Background and Objectives: Bacteremia is diagnosed based on clinical suspicion and positive blood cultures. In the past it was a common practice to obtain both aerobic and anaerobic blood cultures from children presenting in the emergency department (ED) with suspected bacteremia, however few reports demonstrated a very low yield of anaerobic blood cultures in the pediatric population.
Our study assessed the yield of obtaining anaerobic blood cultures in the ED set up.
Methods: In this retrospective study, clinical and laboratory data of all children of whom blood cultures were taken in the ED in a single tertiary center from 2007 to 2015 was collected. The incidence and characteristics of children with positive anaerobic blood cultures was assessed.

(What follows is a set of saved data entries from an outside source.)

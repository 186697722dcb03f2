-- ===== src/CloudCache.antt =====
-- cloudCache.js: the client of the control plane, and its circuit breaker.
--
-- What the network gives for a request, and when, are arguments; so is the clock at the start.
pub mod Breaker
mod Tests
use swarmproof.Base.{
  Bool, List, Option, [], false, if◌then◌else◌, ltb, none, some, true, ℕ, ◌&&◌, ◌+◌, ◌-◌, ◌∷◌,
}
use swarmproof.Base.Text.{Text}
use swarmproof.Metainfo.Any.InTurn.{calls}

abbrev pub default_breaker_ms : ℕ
default_breaker_ms = 10_000

pub record CloudStats : Type 0 where
  pub errors : ℕ
  pub short_circuited : ℕ
  pub wait_ms : ℕ
  pub calls : ℕ

pub record CloudCache : Type 0 where
  pub enabled : Bool
  pub breaker_ms : ℕ
  pub open_until : ℕ
  pub stats : CloudStats

pub is_given : Text → Bool
is_given [] = false
is_given (c ∷ t) = true

pub breaker_of : Option ℕ → ℕ
breaker_of none = default_breaker_ms
breaker_of (some ms) = ms

-- The endpoint as it is left when the slashes at its end are gone.
pub connect_cloud : Text → Option ℕ → CloudCache
unfolding is_given breaker_of
connect_cloud endpoint breaker_ms = record {
  enabled = is_given endpoint;
  breaker_ms = breaker_of breaker_ms;
  open_until = 0;
  stats = record { errors = 0; short_circuited = 0; wait_ms = 0; calls = 0 };
}

-- A status that is not ok; an ok one with its body, if the body is JSON; or no answer in time.
pub data Reply {ℓ} (A : Type ℓ) : Type ℓ where
  refused : Reply A
  answered : Option A → Reply A
  lost : Reply A

-- `charge`
pub charge : Bool → ℕ → ℕ → CloudCache → CloudCache
charge blocking t0 now c =
    if blocking
    then record c {
      stats = record (c.stats) {
        wait_ms = c.stats.wait_ms + (now - t0);
        calls = c.stats.calls + 1;
      };
    }
    else c

-- `_trip`
pub trip : ℕ → CloudCache → CloudCache
trip now c = record c {
  open_until = now + c.breaker_ms;
  stats = record (c.stats) { errors = c.stats.errors + 1 };
}

pub close_breaker : CloudCache → CloudCache
close_breaker c = record c { open_until = 0 }

-- `_fetch` behind its guards: the request is sent, and has ended at a time.
pub sent {ℓ} : {A : Type ℓ} → Bool → ℕ → ℕ → Reply A → CloudCache → Option A × CloudCache
unfolding charge trip close_breaker
sent blocking t0 now refused c = (none, charge blocking t0 now (trip now c))
sent blocking t0 now (answered (some a)) c = (some a, charge blocking t0 now (close_breaker c))
sent blocking t0 now (answered none) c = (none, charge blocking t0 now (trip now (close_breaker c)))
sent blocking t0 now lost c = (none, charge blocking t0 now (trip now c))

pub is_short : Bool → ℕ → CloudCache → Bool
is_short blocking t0 c = blocking && ltb t0 c.open_until

-- `_fetch`, from `t0` to `now`.
pub fetch_cloud {ℓ} : {A : Type ℓ} → Bool → ℕ → ℕ → Reply A → CloudCache → Option A × CloudCache
unfolding sent is_short charge
fetch_cloud blocking t0 now reply c =
    if c.enabled
    then (if is_short blocking t0 c
        then (
          none,
          charge blocking t0 t0 (record c {
            stats = record (c.stats) { short_circuited = c.stats.short_circuited + 1 };
          }),
        )
        else sent blocking t0 now reply c)
    else (none, c)

-- `reportHealth` and `reportNodes`: nothing to say is not sent.
pub report_cloud {ℓ κ} :
    {A : Type ℓ} {B : Type κ} → ℕ → ℕ → Reply A → List B → CloudCache → Option A × CloudCache
unfolding fetch_cloud
report_cloud t0 now reply [] c = (none, c)
report_cloud t0 now reply (x ∷ xs) c = fetch_cloud false t0 now reply c

-- `getNodes`: the nodes of the body, if it has an array of them.
pub get_nodes {ℓ} :
    {A : Type ℓ}
    → Bool
    → ℕ
    → ℕ
    → Reply (Option (List A))
    → CloudCache
    → Option (List A) × CloudCache
unfolding fetch_cloud
get_nodes blocking t0 now reply c =
    let (body, c') = fetch_cloud blocking t0 now reply c in
    (elim body [ none ↦ none | some nodes ↦ nodes ], c')
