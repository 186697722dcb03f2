-- ===== src/CloudCache/Breaker.antt =====
-- cloudCache.js: what the circuit breaker holds back, and what it lets through.
use swarmproof.Base.{
  All, All-mono, Bool, List, [], arith, false, length, none, refl, some, suc, true, ℕ, ◌+◌, ◌<◌,
  ◌∙◌, ◌∷◌, ◌≡◌, ◌≢◌,
}
use swarmproof.CloudCache.{
  CloudCache, Reply, answered, charge, close_breaker, fetch_cloud, is_short, lost, refused, sent,
  trip,
}

module _ {ℓ} {A : Type ℓ} where
  -- Reads that the caller waits for, each with its start, its end and what the network would give.
  unfoldable pub reads : CloudCache → List (ℕ × ℕ × Reply A) → CloudCache
  unfolding fetch_cloud
  reads c [] = c
  reads c ((t0, now, reply) ∷ rs) = reads (fetch_cloud true t0 now reply c).1 rs

  short-fetch_cloud :
      (t0 now : ℕ) (reply : Reply A) (c : CloudCache)
      → c.enabled ≡ true
      → t0 < c.open_until
      → ((fetch_cloud true t0 now reply c).1.open_until ≡ c.open_until)
        × ((fetch_cloud true t0 now reply c).1.enabled ≡ true)
        × ((fetch_cloud true t0 now reply c).1.stats.errors ≡ c.stats.errors)
        × ((fetch_cloud true t0 now reply c).1.stats.wait_ms ≡ c.stats.wait_ms)
        × ((fetch_cloud true t0 now reply c).1.stats.short_circuited ≡ suc c.stats.short_circuited)
  unfolding fetch_cloud is_short charge
  short-fetch_cloud t0 now reply c e h = ground arith

  -- While the breaker is open, reads cost nothing: however many there are and whatever the network
  -- would have given, each is answered at once, and adds neither an error nor waiting time.
  pub reads-open :
      (c : CloudCache) (rs : List (ℕ × ℕ × Reply A))
      → c.enabled ≡ true
      → All (λ r. r.0 < c.open_until) rs
      → ((reads c rs).stats.errors ≡ c.stats.errors)
        × ((reads c rs).stats.wait_ms ≡ c.stats.wait_ms)
        × ((reads c rs).stats.short_circuited ≡ c.stats.short_circuited + length rs)
  unfolding reads
  reads-open c [] e h = (refl, refl, omega arith)
  reads-open c ((t0, now, reply) ∷ rs) e (h, hs) =
      let (same_until, on, errors, wait, short) = short-fetch_cloud t0 now reply c e h in
      let (errors', wait', short') =
        reads-open (fetch_cloud true t0 now reply c).1 rs on
          (All-mono rs (λ r k. omega (arith, k, same_until)) hs) in
      (errors' ∙ errors, wait' ∙ wait, omega (arith, short, short'))

  -- What a request that gives nothing leaves: the breaker is open for its time. One that gives a
  -- body leaves it closed.
  pub sent-open_until :
      (blocking : Bool) (t0 now : ℕ) (reply : Reply A) (c : CloudCache)
      → ((sent blocking t0 now reply c).0 ≡ none
          → (sent blocking t0 now reply c).1.open_until ≡ now + c.breaker_ms)
        × ((sent blocking t0 now reply c).0 ≢ none
            → (sent blocking t0 now reply c).1.open_until ≡ 0)
  unfolding sent trip charge close_breaker
  sent-open_until blocking t0 now refused c = ground arith
  sent-open_until blocking t0 now (answered (some a)) c = ground arith
  sent-open_until blocking t0 now (answered none) c = ground arith
  sent-open_until blocking t0 now lost c = ground arith

  -- A write is never held back: even while the breaker is open, what the network gives is what the
  -- call gives.
  pub fetch_cloud-write :
      (t0 now : ℕ) (a : A) (c : CloudCache)
      → c.enabled ≡ true
      → (fetch_cloud false t0 now (answered (some a)) c).0 ≡ some a
  unfolding fetch_cloud is_short sent
  fetch_cloud-write t0 now a c e = rw e refl
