-- ===== src/CloudCache/Tests.antt =====
-- Runs of cloudCache.js, and the theorems at concrete inputs.
use swarmproof.Base.{List, [], none, refl, some, ℕ, ◌∷◌, ◌≡◌}
use swarmproof.Base.Text.{text}
use swarmproof.CloudCache.{
  CloudCache, Reply, answered, breaker_of, charge, close_breaker, connect_cloud, fetch_cloud,
  get_nodes, is_given, is_short, lost, report_cloud, sent, trip,
}
use swarmproof.CloudCache.Breaker.{reads}

abbrev tripped : CloudCache
tripped = record (connect_cloud (text "https://control") none) { open_until = 10_300 }

abbrev waiting_reads : List (ℕ × ℕ × Reply ℕ)
waiting_reads = (400, 700, lost) ∷ (900, 1000, answered (some 7)) ∷ []

abbrev done : Reply ℕ
done = answered (some 1)

abbrev payload : List ℕ
payload = 5 ∷ []

abbrev no_answer : Reply ℕ
no_answer = lost

cloud_program : Unit {0}
unfolding fetch_cloud is_short charge sent trip close_breaker reads connect_cloud is_given
    breaker_of report_cloud get_nodes
cloud_program = tt

-- A read that overruns trips the breaker; the write behind it is sent.
write_run : (report_cloud 1000 1200 done payload tripped).0 ≡ some 1
unfolding cloud_program
write_run = refl
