-- ===== src/ContentFilter/WellFormed.antt =====
-- contentFilter.js: what passes the junk checks.
use swarmproof.Base.{
  length, ltb, some, All, Bool, Bool-cases, List, [], any, arith, false, if◌then◌else◌, inl, inr,
  none, not, refl, true, ◌&&◌, ◌==◌, ◌∷◌, ◌≡◌, ◌≤◌,
}
use swarmproof.ContentFilter.{
  Reason, invalid_string, min_name_length, min_short_name_size, name_empty, name_too_short,
  size_too_small, ContentFilter, check, is_blank, is_high, is_invalid, is_low, is_surrogate,
  junk_reason, min_total_size, strip_pairs,
}
use swarmproof.Base.Text.{Text}
use swarmproof.Metainfo.{Meta}

-- UTF-16: every high surrogate is followed by a low one, and no low one stands alone.
unfoldable pub well_formed : Text → Bool
unfolding is_high is_low is_surrogate
well_formed [] = true
well_formed (c ∷ []) = not (is_surrogate c)
well_formed (c ∷ d ∷ t) =
    let rest = well_formed t in
    let next = well_formed (d ∷ t) in
    if is_high c && is_low d then rest else not (is_surrogate c) && next

-- Removing the pairs and looking for what is left is the test for well-formed UTF-16.
strip_pairs-well_formed : (t : Text) → any is_surrogate (strip_pairs t) ≡ not (well_formed t)
unfolding strip_pairs well_formed
strip_pairs-well_formed [] = refl
strip_pairs-well_formed (c ∷ []) = grind arith
strip_pairs-well_formed (c ∷ d ∷ t) = elim (Bool-cases (is_high c && is_low d)) [
  | inl e ↦ simp e (strip_pairs-well_formed t)
  | inr e ↦ simp e (simp (strip_pairs-well_formed (d ∷ t)) (grind arith))
]

is_invalid_lem :
    (t : Text) → is_invalid t ≡ false → (well_formed t ≡ true) × (any (λ c. c == 0) t ≡ false)
unfolding is_invalid
is_invalid_lem t h = let e = strip_pairs-well_formed t in (grind arith, grind arith)

All-valid :
    (ts : List Text)
    → any is_invalid ts ≡ false
    → All (λ t. (well_formed t ≡ true) × (any (λ c. c == 0) t ≡ false)) ts
All-valid [] h = tt
All-valid (t ∷ ts) h = (is_invalid_lem t (grind arith), All-valid ts (grind arith))

-- A cascade of reasons that ends without one.
cascade :
    (a b c d : Bool) (w x y z : Reason)
    → (if a
        then some w
        else (if b then some x else (if c then some y else (if d then some z else none))))
      ≡ none
    → (a ≡ false) × (b ≡ false) × (d ≡ false)
cascade a b c d w x y z h = ground arith

junk_reason-none :
    (m : Meta)
    → junk_reason m ≡ none
    → (is_blank m.name ≡ false)
      × (min_total_size ≤ m.size)
      × (any is_invalid (m.name ∷ m.paths) ≡ false)
unfolding junk_reason
junk_reason-none m h =
    let (a, b, d) =
      cascade (is_blank m.name) (ltb m.size min_total_size)
        (ltb (length m.name) min_name_length && ltb m.size min_short_name_size)
        (any is_invalid (m.name ∷ m.paths)) name_empty size_too_small name_too_short invalid_string
        h in
    (a, ground (arith, b), d)

-- Metadata that the filter lets through, the junk checks being on, has a name that is not blank and a
-- size of at least a kilobyte, and its name and all its paths are well-formed UTF-16 without NUL.
pub check-passes :
    (matches : Text → Text → Bool) (f : ContentFilter) (m : Meta)
    → f.junk ≡ true
    → (check matches f m).0 ≡ none
    → (is_blank m.name ≡ false)
      × (min_total_size ≤ m.size)
      × All (λ t. (well_formed t ≡ true) × (any (λ c. c == 0) t ≡ false)) (m.name ∷ m.paths)
unfolding check
check-passes matches f m j h =
    let (named, large, valid) = junk_reason-none m (grind arith) in
    (named, large, All-valid (m.name ∷ m.paths) valid)
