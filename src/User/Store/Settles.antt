-- ===== src/User/Store/Settles.antt =====
-- When `withCas` of packages/user/src/store/memory.ts gives up, and when it does not.
use aoothjs.Base.{
  ℕ, zero, suc, ◌<◌, ◌≡◌, refl, sym, ap, ◌∙◌, ◌⊎◌, inl, inr, String, true, false, some, arith,
  nat_beq, nat_beq_iff, Bool-cases, Option-cases, text_eq, nat_eq, string_eq,
}
use aoothjs.Base.Assoc.{get}
use aoothjs.User.Types.{
  UserCredentials, UserStoreUpdate, UserAuthError, already_exists, cas_exhausted, Result, ok, err,
}
use aoothjs.User.Store.{
  UserStore, Mutator, Others, version_of, set_collides, update, update_read, with_cas,
}
use aoothjs.User.Store.Cas.{
  missed, refused, written, Attempt-cases, threw, stopped, wants, Answer-cases,
}

-- nobody writes the row
abbrev pub IsCalm : String → (UserStore → UserStore) → Type 0
IsCalm id f = (s : UserStore) → get id (f s).rows ≡ get id s.rows

-- the wait of an attempt between its read and its write
abbrev pub wait_of : ℕ → ℕ
wait_of zero = 0
wait_of (suc i) = suc (suc (wait_of i))

calm_attempt :
    (id : String) (change : UserStoreUpdate) (current : UserCredentials) (s : UserStore)
    → get id s.rows ≡ some current
    → ((update_read id change current s).0 ≡ ok true)
      ⊎ ((update_read id change current s).0 ≡ err already_exists)
unfolding update_read update
calm_attempt id change current s found =
    let same : nat_beq (version_of current) (version_of current) ≡ true =
      (nat_beq_iff (version_of current) (version_of current)).1 refl in
    elim (Bool-cases (set_collides s id change.set)) [
      | inl taken ↦ inr (rw (found, same, taken, update) refl)
      | inr free ↦ inl (rw (found, same, free, update) refl)
    ]

ok_is_no_error : {A : Type 0} {a : A} {e : UserAuthError} → ¬ (ok a ≡ err e)
ok_is_no_error h = ground arith

err_injective : {A : Type 0} {e f : UserAuthError} → Path (Result A) (err e) (err f) → e ≡ f
err_injective h = ground arith

-- an attempt that missed was not the calm one, which is yet to come
IsCalm-comes :
    (id : String) (change : UserStoreUpdate) (current : UserCredentials) (others : Others)
    (s : UserStore) (i : ℕ)
    → get id s.rows ≡ some current
    → IsCalm id (others (wait_of i))
    → update_read id change current (others 0 s) ≡ (ok false, others 0 s)
    → (j : ℕ) × (i ≡ suc j) × IsCalm id (others (suc (suc (wait_of j))))
IsCalm-comes id change current others s zero found calm e =
    absurd (elim (calm_attempt id change current (others 0 s) (calm s ∙ found)) [
      | inl done ↦ let both : ok false ≡ ok true = sym (ap (λ r. r.0) e) ∙ done in ground arith
      | inr threw_it ↦ ok_is_no_error (sym (ap (λ r. r.0) e) ∙ threw_it)
    ])
IsCalm-comes id change current others s (suc j) found calm e = (j, refl, calm)

module _ {A : Type 0} (id : String) (mutator : Mutator A) where
  -- If there is an attempt of `withCas`, among those it may make, in which nobody writes the row
  -- between its read and its write, then it does not end with CAS_EXHAUSTED, whatever others do
  -- before, unless the mutator itself throws that.
  pub with_cas_settles :
      (i attempts : ℕ) (others : Others) (s : UserStore)
      → ((u : UserCredentials) → ¬ (mutator u ≡ err cas_exhausted))
      → i < attempts
      → IsCalm id (others (wait_of i))
      → ¬ ((with_cas attempts others id mutator s).0 ≡ err cas_exhausted)
  unfolding with_cas
  with_cas_settles i zero others s own below calm = absurd (omega arith)
  with_cas_settles i (suc attempts) others s own below calm = elim (Option-cases (get id s.rows)) [
    | inl absent ↦ rw (absent, with_cas) (λ h. ground arith)
    | inr (current, found) ↦ elim (Answer-cases (mutator current)) [
      | threw e answer ↦
          rw (found, answer, with_cas) (λ h. own current (answer ∙ ap err (err_injective h)))
      | stopped a answer ↦ rw (found, answer, with_cas) ok_is_no_error
      | wants a change answer ↦
          let s1 = others 0 s in
          elim (Attempt-cases id change current s1) [
            | refused e ↦ rw (found, answer, e, with_cas) (λ h. ground arith)
            | written v after held version e unguarded_e ↦
                rw (found, answer, e, with_cas) ok_is_no_error
            | missed e ↦
                let (j, later, calm') = IsCalm-comes id change current others s i found calm e in
                rw (found, answer, e, with_cas, e)
                  (with_cas_settles j attempts (λ n. others (suc (suc n))) (others 1 s1) own
                    (omega arith) calm')
          ]
    ]
  ]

Results: During the study period, 68304 blood cultures were drawn in the ER. Of these, 3349 were positive (4.9%). After reviewing the data, we show that only 33 (0.05% of all cultures; 0.99% of positive cultures) of these cultures represent pathogenic anaerobic bacteremia. Leading risk factors for true anaerobic bacteremia are acute abdomen and suspected abscess (mastoiditis, dental abscess, etc.).
Conclusion: True anaerobic bacteremia is extremely rare in low risk children. Using anaerobic blood cultures in the pediatric ER is not justified due to its extremely low yield and high cost. Moreover, omitting the use of anaerobic cultures may increase the volume of blood used for aerobic cultures, thus increasing its yield. In high risk children, both types of blood cultures should be used.